In predictive data mining processes, it has been shown that combining the predictions from multiple independent algorithms often yields more accurate predictions than can be derived from any one method by reducing the generalization error.20 It is particularly useful when the types of algorithms included in the project are different from each other, such as the ones used in this project. After building and evaluating individual classification algorithms as mentioned previously, the results were combined in an ensemble by stacking the predictions made by the 5 best algorithms selected based on the accuracy with a minimum threshold of AUC of > 0.8 and using the confidence weighting voting method. To avoid overfitting and decreasing variance errors, bootstrapping was used in the training dataset. For comparison of predictive accuracy of traditional regression models to ML based models, a forward stepwise logistic regression model was built to predict incident diabetes using the same 17 metabolic risk variables.
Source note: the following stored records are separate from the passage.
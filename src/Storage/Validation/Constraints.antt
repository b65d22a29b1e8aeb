-- ===== src/Storage/Validation/Constraints.antt =====
-- src/storage/validation/constraints.rs
use Prim.Native.String.{count}
use dirbase.Prelude.{
  String, Bool, true, false, not, Option, none, some, List, Ordering, any, ltb, str_eq,
  if◌then◌else◌, is_some_and, unwrap_or, or_else, and_then,
}
use dirbase.Error.{Result, ok, err, ◌>>◌}
use dirbase.Json.{as_str}
use dirbase.Runtime.{Runtime, Value, as_f64}
use dirbase.Schema.Types.{ColumnType, ColumnSchema, is_string_backed, is_numeric_like}

-- `if failed { return Err(name) }`
abbrev reject_if : Bool → String → Result (Unit {0}) String
reject_if true name = err name
reject_if false name = ok tt

abbrev is_lt : Option Ordering → Bool
is_lt (some Ordering.lt) = true
is_lt _ = false

abbrev is_gt : Option Ordering → Bool
is_gt (some Ordering.gt) = true
is_gt _ = false

module _ ⦃rt : Runtime⦄ where
  unfoldable pub value_as_constraint_string : Value → ColumnType → Option String
  value_as_constraint_string value t = if is_string_backed t then as_str value else none

  unfoldable pub numeric_value : Value → ColumnType → Option rt.Float
  numeric_value value t =
      if is_numeric_like t
      then or_else (as_f64 value) (and_then (as_str value) rt.parse_f64)
      else none

  unfoldable pub date_value : Value → ColumnType → Option rt.Date
  date_value value ColumnType.date = and_then (as_str value) rt.parse_date
  date_value value _ = none

  unfoldable pub datetime_value : Value → ColumnType → Option rt.Instant
  datetime_value value ColumnType.datetime = and_then (as_str value) rt.parse_rfc3339
  datetime_value value _ = none

  enum_constraint : Value → Option (List String) → Result (Unit {0}) String
  enum_constraint value none = ok tt
  enum_constraint value (some enum_values) =
      reject_if
        (not
          (is_some_and (as_str value) (λ text. any (λ allowed. str_eq allowed text) enum_values)))
        "enum"

  text_constraints : ColumnSchema → Option String → Result (Unit {0}) String
  text_constraints column none = ok tt
  text_constraints column (some text) = do
    reject_if (is_some_and column.min_length (λ min. ltb (count text) min)) "min_length"
    reject_if (is_some_and column.max_length (λ max. ltb max (count text))) "max_length"
    reject_if
        (is_some_and column.pattern
          (λ pattern. not (unwrap_or (rt.regex_is_match pattern text) false)))
        "pattern"

  number_constraints : ColumnSchema → Option rt.Float → Result (Unit {0}) String
  number_constraints column none = ok tt
  number_constraints column (some actual) = do
    reject_if
        (is_some_and column.min
          (λ min. is_lt (rt.float_cmp actual (unwrap_or (as_f64 min) rt.neg_infinity))))
        "min"
    reject_if
        (is_some_and column.max
          (λ max. is_gt (rt.float_cmp actual (unwrap_or (as_f64 max) rt.infinity))))
        "max"

  date_constraints : ColumnSchema → Option rt.Date → Result (Unit {0}) String
  date_constraints column none = ok tt
  date_constraints column (some actual) = do
    reject_if
        (is_some_and (and_then (and_then column.min as_str) rt.parse_date)
          (λ min. is_lt (some (rt.date_cmp actual min))))
        "min"
    reject_if
        (is_some_and (and_then (and_then column.max as_str) rt.parse_date)
          (λ max. is_gt (some (rt.date_cmp actual max))))
        "max"

  datetime_constraints : ColumnSchema → Option rt.Instant → Result (Unit {0}) String
  datetime_constraints column none = ok tt
  datetime_constraints column (some actual) = do
    reject_if
        (is_some_and (and_then (and_then column.min as_str) rt.parse_rfc3339)
          (λ min. is_lt (some (rt.instant_cmp actual min))))
        "min"
    reject_if
        (is_some_and (and_then (and_then column.max as_str) rt.parse_rfc3339)
          (λ max. is_gt (some (rt.instant_cmp actual max))))
        "max"

  -- The name of the first constraint that the value violates.
  unfoldable pub validate_column_constraints : Value → ColumnSchema → Result (Unit {0}) String
  unfolding enum_constraint text_constraints number_constraints date_constraints
      datetime_constraints value_as_constraint_string numeric_value date_value datetime_value
  validate_column_constraints value column = do
    enum_constraint value column.enum_values
    text_constraints column (value_as_constraint_string value column.column_type)
    number_constraints column (numeric_value value column.column_type)
    date_constraints column (date_value value column.column_type)
    datetime_constraints column (datetime_value value column.column_type)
Predictor importance of the RF and LR classification models were computed by calculating the reduction in variance of the target variable attributable to each predictor, via a sensitivity analysis. The software automatically calculates this sensitivity index and generates a graph of the top 10 predictors in terms of decreasing sensitivity index (importance). 21 Predictor importance based on the logistic regression analysis using the Wald statistics were also computed.
Sample size analysis:
Given the large number of observations (> 2,000) available for training and testing datasets, and considering the number of input variables, the sample size was adequate for representative model building. It has been shown that the predictive accuracy for binary outcome variables is higher using modern ML based modelling techniques and approximately 20–50 observations per variable was required to obtain a stable AUC with LR and other ML-based models. 22 Only 8.7% of patients in this cohort developed diabetes during the follow up period, and this imbalance between the classes can affect the performance of some of the classification algorithms. To optimize model performance, the training dataset was balanced by generating new samples in the under-represented minority class using the built-in random minority oversampling feature of the modeling software in a 10:1 ratio. 23
Demographic and clinical characteristics were summarized as means and standard deviations (SD) or medians and interquartile ranges [IQR: Q3-Q1)] for non-Gaussian variables. We compared categorical variables using chi-squared tests (or Fisher’s exact tests for cell counts < 5). Continuous variables were compared using the unpaired Student’s t test, and medians using the Mann–Whitney U test. Statistical significance was assessed at p < 0.05.
Data mining and machine learning models were built and evaluated by using the IBM SPSS Modeler, version 18.2 (IBM Corp., Armonk, N.Y., USA).